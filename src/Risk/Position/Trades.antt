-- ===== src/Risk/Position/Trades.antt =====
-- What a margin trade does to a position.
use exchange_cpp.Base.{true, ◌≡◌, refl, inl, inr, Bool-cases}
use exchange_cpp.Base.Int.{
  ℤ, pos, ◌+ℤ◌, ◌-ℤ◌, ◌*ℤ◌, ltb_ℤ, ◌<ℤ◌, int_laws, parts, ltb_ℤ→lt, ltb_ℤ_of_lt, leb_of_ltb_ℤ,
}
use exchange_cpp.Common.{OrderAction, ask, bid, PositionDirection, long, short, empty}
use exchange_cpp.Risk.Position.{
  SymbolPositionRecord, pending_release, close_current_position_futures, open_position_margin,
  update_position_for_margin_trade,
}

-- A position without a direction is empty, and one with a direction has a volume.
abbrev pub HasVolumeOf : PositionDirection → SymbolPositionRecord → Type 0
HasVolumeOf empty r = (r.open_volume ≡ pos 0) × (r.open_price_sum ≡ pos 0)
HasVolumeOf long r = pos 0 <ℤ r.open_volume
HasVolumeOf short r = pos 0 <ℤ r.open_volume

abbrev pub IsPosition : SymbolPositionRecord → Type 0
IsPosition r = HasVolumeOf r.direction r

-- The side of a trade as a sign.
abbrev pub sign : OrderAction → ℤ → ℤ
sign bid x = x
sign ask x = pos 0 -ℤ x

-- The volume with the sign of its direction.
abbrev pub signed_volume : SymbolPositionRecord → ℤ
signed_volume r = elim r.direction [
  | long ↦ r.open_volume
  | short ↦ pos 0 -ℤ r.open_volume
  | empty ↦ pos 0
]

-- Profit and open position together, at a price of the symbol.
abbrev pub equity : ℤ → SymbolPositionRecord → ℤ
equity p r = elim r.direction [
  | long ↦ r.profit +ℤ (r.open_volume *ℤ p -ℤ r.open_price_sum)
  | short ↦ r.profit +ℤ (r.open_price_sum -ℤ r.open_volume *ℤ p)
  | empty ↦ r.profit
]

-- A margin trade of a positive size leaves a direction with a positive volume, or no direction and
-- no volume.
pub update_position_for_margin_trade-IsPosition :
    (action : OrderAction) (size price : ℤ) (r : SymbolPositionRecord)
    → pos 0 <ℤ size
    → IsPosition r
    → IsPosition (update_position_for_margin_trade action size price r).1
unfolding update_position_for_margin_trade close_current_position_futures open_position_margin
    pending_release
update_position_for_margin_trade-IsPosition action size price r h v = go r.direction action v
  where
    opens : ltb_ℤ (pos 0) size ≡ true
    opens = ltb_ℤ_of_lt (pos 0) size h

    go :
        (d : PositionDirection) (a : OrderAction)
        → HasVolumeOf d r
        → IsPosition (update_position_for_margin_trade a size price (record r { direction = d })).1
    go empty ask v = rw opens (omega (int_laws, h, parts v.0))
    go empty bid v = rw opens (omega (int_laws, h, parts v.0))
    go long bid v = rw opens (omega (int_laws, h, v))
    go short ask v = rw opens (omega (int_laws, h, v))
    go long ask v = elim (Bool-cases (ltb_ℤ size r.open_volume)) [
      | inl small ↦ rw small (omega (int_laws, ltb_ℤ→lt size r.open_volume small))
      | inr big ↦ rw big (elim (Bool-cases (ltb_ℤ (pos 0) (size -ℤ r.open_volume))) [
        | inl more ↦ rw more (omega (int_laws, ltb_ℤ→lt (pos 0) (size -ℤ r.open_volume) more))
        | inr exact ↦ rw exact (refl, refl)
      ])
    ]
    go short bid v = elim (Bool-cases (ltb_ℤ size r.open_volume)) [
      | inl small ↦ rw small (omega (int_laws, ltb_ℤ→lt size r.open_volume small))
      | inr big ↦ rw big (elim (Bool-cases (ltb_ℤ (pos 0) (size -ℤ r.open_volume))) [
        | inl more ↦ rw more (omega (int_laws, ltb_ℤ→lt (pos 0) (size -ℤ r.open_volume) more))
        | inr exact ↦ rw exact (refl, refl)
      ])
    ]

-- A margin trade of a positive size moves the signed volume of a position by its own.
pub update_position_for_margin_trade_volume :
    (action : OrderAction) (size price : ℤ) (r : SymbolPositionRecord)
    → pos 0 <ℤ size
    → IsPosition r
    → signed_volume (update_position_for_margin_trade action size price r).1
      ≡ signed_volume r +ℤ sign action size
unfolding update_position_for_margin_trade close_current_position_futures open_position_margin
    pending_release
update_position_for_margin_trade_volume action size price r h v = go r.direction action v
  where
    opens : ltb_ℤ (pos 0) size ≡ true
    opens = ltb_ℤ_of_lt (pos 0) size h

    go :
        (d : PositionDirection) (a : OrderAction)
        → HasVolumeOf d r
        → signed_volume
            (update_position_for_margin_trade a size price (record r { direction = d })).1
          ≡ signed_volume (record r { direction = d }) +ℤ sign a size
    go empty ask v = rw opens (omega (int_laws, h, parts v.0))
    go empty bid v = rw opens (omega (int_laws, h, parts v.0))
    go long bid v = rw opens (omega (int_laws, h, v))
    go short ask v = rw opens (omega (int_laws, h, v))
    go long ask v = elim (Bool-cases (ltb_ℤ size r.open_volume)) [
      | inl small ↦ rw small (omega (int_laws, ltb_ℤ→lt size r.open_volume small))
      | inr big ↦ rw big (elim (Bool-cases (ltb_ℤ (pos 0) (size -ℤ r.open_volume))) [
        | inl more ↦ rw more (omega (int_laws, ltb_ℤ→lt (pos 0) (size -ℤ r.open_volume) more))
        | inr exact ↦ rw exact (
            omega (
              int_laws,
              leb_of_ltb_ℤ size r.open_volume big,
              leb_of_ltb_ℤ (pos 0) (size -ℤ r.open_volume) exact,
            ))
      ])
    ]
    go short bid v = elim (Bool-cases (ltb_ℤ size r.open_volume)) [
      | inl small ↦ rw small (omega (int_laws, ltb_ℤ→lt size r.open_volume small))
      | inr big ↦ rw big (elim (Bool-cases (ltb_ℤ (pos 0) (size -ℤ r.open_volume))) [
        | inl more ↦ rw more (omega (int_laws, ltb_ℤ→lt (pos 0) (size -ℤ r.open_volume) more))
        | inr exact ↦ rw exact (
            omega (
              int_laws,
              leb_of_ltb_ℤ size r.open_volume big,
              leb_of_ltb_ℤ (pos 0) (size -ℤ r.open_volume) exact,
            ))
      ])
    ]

+ + +

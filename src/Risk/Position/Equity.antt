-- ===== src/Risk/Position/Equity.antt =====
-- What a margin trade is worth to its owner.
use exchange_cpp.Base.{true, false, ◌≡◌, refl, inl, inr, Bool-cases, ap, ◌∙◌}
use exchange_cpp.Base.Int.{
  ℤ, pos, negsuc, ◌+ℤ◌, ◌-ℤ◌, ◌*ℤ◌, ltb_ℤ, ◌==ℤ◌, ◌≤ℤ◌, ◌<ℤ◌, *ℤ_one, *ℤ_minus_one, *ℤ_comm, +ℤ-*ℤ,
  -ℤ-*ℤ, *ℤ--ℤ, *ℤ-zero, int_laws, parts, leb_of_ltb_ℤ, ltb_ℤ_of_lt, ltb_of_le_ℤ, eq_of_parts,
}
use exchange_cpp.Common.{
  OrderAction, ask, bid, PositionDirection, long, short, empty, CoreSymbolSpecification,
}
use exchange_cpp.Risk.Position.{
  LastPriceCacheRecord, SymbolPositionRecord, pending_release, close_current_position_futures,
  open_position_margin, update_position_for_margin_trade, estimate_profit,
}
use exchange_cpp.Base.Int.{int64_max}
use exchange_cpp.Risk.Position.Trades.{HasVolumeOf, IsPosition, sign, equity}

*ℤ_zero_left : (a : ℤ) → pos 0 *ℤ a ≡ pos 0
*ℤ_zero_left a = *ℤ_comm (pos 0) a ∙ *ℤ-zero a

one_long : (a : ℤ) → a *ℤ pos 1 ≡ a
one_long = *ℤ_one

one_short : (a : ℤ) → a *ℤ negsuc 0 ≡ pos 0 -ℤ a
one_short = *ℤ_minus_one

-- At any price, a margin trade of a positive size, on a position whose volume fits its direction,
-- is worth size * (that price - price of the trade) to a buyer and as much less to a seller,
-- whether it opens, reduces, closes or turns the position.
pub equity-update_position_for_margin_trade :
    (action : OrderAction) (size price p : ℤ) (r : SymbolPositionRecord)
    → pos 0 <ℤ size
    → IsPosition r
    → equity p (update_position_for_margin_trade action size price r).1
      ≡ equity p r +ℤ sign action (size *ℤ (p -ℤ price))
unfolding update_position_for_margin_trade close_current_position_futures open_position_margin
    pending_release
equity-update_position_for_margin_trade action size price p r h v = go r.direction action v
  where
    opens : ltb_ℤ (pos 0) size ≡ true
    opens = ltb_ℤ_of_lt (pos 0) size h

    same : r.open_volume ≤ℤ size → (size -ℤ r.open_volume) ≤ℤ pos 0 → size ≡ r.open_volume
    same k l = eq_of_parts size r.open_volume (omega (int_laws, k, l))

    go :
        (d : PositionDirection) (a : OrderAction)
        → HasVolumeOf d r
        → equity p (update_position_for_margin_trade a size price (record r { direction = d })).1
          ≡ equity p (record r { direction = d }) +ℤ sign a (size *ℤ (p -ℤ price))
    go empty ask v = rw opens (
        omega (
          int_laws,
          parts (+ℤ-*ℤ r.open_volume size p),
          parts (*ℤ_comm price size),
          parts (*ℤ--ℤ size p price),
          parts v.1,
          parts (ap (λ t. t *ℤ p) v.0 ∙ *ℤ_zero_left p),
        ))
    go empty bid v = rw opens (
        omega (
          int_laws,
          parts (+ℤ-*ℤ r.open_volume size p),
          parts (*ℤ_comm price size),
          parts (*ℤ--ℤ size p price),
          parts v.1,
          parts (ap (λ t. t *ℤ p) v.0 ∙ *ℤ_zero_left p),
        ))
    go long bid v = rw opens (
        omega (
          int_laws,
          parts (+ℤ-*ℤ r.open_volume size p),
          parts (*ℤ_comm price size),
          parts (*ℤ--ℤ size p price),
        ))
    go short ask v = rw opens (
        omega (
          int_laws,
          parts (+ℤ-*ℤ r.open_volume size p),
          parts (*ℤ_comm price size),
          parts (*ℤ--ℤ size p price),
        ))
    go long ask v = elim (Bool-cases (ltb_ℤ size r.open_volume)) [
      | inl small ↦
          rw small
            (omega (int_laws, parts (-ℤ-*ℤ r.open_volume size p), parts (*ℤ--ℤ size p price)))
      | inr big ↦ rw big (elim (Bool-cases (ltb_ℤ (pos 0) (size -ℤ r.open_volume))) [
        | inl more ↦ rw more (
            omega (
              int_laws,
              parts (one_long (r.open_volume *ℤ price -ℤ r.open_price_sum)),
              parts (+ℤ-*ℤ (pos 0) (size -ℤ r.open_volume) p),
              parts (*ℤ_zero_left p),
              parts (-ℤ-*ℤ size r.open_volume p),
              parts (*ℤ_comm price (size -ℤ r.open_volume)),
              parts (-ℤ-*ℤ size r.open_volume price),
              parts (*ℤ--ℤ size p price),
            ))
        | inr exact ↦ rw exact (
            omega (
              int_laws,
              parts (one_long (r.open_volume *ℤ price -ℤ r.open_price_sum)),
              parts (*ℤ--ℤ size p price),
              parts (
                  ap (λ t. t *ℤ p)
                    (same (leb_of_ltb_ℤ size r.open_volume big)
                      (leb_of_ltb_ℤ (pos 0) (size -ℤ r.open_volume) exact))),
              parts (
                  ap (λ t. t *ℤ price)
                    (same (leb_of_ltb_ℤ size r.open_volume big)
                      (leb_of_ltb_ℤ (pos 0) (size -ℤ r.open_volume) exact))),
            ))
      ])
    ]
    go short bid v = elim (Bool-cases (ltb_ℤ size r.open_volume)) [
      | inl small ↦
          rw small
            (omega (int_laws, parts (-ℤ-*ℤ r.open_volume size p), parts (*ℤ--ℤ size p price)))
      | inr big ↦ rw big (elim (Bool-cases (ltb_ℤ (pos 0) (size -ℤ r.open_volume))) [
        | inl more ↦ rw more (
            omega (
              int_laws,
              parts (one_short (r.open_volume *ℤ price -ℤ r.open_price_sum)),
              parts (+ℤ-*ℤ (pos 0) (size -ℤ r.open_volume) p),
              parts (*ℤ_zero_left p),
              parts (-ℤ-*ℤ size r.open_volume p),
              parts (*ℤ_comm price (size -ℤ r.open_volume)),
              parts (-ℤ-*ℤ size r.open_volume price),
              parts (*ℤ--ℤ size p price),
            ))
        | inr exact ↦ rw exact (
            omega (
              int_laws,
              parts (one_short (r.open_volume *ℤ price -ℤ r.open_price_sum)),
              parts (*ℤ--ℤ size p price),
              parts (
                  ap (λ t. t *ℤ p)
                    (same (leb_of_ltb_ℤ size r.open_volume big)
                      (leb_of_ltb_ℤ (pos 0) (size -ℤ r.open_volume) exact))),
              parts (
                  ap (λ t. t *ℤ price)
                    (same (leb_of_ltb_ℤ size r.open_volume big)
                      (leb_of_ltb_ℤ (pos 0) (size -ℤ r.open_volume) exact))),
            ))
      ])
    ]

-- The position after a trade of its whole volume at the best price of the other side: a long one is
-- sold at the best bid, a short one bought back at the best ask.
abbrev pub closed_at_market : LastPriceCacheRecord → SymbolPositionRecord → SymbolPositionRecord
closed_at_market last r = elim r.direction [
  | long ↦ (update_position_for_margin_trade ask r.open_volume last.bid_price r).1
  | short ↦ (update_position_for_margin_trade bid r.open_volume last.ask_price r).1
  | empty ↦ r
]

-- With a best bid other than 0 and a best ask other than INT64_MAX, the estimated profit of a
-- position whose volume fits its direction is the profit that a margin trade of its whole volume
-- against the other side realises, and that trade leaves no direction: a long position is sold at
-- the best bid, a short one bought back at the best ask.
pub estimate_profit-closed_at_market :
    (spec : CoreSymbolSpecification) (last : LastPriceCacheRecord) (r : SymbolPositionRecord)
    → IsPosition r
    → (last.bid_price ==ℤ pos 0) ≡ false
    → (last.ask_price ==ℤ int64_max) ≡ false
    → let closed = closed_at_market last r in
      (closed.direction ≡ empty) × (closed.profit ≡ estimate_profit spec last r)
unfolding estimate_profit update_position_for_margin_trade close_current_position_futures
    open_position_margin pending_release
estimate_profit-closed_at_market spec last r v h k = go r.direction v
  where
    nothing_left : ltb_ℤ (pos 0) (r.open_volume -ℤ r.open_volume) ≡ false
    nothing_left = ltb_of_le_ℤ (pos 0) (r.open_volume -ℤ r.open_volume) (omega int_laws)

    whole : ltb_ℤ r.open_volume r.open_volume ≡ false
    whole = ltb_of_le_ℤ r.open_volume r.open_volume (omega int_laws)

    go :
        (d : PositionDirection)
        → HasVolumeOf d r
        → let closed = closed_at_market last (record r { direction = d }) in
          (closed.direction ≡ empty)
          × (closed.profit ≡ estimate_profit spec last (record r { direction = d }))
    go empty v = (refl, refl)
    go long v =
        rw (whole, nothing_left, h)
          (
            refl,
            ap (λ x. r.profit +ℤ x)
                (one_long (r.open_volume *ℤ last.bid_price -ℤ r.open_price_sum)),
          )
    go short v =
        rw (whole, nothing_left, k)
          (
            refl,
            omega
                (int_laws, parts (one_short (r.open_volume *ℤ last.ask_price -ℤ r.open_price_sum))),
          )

+ + +

#### Exercise description:
Report every line of the material above in which "side" appears.

#### Written answer:
-- The side of a trade as a sign.
-- The position after a trade of its whole volume at the best price of the other side: a long one is
-- against the other side realises, and that trade leaves no direction: a long position is sold at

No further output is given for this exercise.